[Data supplied Boundary: Start]

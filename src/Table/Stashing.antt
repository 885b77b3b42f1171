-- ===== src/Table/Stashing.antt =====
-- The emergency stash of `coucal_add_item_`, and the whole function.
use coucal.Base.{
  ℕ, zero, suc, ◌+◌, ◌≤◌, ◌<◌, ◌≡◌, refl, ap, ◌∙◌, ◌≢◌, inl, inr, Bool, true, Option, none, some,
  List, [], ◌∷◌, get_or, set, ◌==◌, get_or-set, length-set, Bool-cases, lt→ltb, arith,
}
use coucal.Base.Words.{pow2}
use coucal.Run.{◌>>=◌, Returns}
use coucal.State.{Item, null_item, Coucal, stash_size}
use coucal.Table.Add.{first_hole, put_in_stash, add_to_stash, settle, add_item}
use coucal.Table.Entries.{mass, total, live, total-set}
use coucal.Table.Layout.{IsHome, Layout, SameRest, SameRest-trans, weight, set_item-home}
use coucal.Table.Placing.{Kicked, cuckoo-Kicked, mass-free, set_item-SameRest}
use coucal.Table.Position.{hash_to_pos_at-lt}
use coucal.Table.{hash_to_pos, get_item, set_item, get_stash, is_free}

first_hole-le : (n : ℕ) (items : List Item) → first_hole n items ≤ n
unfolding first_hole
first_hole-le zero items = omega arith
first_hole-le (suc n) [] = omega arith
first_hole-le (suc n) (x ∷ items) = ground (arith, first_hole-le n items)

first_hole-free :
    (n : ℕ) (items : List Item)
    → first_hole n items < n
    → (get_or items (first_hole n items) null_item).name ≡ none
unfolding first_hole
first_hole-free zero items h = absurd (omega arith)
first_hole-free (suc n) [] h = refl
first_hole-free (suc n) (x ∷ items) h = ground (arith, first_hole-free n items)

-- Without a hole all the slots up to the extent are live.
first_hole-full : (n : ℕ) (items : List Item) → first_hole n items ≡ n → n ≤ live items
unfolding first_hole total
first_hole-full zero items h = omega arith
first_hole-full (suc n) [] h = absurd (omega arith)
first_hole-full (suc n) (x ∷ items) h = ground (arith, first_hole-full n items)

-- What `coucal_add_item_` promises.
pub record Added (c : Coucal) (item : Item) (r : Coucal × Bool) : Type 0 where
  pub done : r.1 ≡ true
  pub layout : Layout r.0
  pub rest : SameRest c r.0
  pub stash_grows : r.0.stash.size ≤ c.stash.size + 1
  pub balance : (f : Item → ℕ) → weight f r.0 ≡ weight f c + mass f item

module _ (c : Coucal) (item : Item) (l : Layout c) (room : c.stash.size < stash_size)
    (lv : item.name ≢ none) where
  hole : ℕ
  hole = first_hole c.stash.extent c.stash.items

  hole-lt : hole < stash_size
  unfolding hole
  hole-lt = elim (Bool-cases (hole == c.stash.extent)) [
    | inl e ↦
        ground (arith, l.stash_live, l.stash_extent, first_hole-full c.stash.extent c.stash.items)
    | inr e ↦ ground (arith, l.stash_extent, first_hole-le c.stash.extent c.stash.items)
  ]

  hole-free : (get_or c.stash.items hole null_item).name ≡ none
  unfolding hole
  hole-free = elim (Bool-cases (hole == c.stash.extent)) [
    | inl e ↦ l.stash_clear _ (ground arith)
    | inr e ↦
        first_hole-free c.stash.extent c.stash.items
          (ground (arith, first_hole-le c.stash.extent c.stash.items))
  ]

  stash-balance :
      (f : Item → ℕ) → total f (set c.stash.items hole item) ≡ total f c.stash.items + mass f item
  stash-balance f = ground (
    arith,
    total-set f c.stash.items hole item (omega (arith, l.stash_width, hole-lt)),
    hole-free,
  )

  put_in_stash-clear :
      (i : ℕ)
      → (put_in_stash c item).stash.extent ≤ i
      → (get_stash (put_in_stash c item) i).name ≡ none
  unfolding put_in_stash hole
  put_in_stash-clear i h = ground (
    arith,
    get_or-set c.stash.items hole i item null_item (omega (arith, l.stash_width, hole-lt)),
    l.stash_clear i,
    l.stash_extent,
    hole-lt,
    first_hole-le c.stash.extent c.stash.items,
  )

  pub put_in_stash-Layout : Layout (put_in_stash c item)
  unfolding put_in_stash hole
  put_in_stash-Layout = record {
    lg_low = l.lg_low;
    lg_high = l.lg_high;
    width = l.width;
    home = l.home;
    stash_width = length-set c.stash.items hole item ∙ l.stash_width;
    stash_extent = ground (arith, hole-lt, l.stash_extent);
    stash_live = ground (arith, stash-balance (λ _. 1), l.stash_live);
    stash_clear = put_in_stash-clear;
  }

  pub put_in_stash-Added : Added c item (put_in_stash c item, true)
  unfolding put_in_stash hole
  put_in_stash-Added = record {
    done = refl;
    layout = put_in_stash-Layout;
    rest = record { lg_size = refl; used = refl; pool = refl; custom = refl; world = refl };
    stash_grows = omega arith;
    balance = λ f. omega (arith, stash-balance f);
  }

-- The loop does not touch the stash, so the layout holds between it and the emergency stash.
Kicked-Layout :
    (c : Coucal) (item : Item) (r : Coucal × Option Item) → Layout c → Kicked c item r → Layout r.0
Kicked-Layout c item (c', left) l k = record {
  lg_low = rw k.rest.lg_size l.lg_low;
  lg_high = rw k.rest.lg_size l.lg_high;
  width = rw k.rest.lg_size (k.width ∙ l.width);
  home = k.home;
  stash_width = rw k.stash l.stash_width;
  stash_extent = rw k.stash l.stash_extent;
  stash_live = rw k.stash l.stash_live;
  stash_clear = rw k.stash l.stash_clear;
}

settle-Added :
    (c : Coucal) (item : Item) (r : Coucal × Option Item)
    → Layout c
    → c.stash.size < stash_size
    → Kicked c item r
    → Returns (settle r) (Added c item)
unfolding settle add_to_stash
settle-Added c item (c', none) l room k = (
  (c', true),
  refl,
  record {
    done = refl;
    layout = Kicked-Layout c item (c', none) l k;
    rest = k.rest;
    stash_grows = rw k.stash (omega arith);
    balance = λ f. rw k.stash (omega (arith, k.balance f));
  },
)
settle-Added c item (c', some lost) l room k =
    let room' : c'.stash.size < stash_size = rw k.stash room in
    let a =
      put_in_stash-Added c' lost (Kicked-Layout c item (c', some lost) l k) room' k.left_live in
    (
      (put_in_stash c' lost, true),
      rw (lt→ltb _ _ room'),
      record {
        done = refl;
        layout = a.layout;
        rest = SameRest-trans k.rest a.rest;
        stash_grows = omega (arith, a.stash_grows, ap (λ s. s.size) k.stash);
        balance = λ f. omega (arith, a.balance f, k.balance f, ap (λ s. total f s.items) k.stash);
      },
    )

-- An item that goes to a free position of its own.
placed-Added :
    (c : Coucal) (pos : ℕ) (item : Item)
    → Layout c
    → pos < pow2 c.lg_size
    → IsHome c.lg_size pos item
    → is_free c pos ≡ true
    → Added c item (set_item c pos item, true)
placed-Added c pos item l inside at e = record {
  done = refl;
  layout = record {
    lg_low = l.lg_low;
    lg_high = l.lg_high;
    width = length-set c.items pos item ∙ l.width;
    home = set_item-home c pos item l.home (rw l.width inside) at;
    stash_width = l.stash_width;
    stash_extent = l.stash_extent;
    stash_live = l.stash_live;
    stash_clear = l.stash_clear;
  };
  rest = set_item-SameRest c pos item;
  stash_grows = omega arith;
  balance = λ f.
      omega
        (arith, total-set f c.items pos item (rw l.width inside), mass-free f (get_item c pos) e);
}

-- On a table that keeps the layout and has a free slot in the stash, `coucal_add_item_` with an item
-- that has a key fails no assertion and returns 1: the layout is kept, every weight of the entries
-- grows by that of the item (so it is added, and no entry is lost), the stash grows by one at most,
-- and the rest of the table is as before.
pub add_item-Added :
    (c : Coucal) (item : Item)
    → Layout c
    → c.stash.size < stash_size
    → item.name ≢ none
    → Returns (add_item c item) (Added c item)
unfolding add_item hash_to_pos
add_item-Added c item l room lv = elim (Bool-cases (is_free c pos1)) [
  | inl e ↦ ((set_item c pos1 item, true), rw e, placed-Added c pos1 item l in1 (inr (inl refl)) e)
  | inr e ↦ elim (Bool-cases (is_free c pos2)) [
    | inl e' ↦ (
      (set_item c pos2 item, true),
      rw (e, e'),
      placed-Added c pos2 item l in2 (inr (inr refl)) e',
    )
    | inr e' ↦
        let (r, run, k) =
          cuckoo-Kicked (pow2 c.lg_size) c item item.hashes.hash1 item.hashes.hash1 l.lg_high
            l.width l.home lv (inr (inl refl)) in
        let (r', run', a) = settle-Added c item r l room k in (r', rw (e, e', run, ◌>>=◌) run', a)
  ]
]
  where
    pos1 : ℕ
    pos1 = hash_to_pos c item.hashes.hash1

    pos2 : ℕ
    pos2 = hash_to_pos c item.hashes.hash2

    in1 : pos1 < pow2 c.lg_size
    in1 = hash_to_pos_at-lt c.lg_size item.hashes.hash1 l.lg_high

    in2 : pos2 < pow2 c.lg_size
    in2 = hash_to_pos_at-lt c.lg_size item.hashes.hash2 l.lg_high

[Data supplied Boundary: End]

*Task brief*. Among the records above, find the lines that contain "hashes" and copy every one.

*Result*.
          cuckoo-Kicked (pow2 c.lg_size) c item item.hashes.hash1 item.hashes.hash1 l.lg_high
    pos1 = hash_to_pos c item.hashes.hash1
    pos2 = hash_to_pos c item.hashes.hash2
    in1 = hash_to_pos_at-lt c.lg_size item.hashes.hash1 l.lg_high
    in2 = hash_to_pos_at-lt c.lg_size item.hashes.hash2 l.lg_high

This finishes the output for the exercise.